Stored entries
::::
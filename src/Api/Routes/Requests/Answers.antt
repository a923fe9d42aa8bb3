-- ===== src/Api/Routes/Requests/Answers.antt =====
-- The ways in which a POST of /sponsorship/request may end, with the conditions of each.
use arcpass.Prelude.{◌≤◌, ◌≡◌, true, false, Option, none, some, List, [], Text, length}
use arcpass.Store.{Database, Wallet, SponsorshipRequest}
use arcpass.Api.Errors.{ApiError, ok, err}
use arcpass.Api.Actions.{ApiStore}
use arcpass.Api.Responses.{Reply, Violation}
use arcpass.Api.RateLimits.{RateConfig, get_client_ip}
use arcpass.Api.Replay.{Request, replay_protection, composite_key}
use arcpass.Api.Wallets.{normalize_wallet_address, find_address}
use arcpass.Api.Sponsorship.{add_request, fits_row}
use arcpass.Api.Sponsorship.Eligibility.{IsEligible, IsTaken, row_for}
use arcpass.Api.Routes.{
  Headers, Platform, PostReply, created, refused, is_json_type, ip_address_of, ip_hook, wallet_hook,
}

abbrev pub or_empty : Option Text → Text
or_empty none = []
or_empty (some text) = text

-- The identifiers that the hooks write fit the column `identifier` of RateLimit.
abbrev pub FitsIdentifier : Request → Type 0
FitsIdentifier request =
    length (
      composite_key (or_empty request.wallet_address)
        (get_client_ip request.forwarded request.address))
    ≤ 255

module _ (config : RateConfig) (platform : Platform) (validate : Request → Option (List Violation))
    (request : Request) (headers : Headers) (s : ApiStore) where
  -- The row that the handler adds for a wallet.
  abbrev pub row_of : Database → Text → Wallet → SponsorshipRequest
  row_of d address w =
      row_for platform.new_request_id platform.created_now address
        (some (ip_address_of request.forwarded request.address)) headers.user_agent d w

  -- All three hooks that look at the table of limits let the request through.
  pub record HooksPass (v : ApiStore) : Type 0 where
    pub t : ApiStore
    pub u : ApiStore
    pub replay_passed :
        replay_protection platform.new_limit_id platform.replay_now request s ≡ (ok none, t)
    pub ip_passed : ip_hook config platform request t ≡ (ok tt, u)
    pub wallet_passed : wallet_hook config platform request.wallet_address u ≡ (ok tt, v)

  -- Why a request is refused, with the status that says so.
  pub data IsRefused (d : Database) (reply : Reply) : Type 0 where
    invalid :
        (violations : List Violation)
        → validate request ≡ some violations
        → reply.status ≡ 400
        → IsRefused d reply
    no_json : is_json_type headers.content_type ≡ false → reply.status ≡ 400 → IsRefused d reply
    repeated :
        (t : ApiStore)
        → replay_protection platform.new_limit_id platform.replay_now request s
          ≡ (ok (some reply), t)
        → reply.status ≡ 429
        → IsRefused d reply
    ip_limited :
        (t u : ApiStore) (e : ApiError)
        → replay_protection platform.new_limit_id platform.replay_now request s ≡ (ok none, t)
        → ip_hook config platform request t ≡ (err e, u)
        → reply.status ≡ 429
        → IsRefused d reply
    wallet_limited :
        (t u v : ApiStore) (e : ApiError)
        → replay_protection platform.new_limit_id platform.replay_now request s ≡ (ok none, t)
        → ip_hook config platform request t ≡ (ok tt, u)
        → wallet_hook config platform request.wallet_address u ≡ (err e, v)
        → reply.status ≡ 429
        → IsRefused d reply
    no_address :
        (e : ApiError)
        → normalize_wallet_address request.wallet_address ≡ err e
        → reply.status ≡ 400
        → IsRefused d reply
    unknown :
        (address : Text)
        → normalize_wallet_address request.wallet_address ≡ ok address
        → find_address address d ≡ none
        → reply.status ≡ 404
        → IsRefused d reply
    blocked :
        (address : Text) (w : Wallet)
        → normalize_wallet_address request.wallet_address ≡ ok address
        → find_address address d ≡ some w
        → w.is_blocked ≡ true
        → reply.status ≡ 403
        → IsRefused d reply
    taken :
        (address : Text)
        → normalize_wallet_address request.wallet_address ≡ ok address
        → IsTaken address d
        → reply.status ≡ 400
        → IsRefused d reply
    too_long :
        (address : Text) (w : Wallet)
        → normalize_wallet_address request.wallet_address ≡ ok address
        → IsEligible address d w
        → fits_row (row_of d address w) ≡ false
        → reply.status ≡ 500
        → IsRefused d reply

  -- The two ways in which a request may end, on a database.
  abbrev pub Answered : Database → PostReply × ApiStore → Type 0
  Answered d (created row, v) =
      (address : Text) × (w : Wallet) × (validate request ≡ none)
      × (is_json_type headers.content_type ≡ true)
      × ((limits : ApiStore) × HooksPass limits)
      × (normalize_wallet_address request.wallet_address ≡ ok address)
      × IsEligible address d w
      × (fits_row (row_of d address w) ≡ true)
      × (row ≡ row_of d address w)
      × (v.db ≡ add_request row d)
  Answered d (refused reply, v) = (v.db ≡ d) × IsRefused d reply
::::
REQUIREMENT:
Search the records above for "List". Copy each line where it is found.

TASK RESPONSE:
use arcpass.Prelude.{◌≤◌, ◌≡◌, true, false, Option, none, some, List, [], Text, length}
module _ (config : RateConfig) (platform : Platform) (validate : Request → Option (List Violation))
        (violations : List Violation)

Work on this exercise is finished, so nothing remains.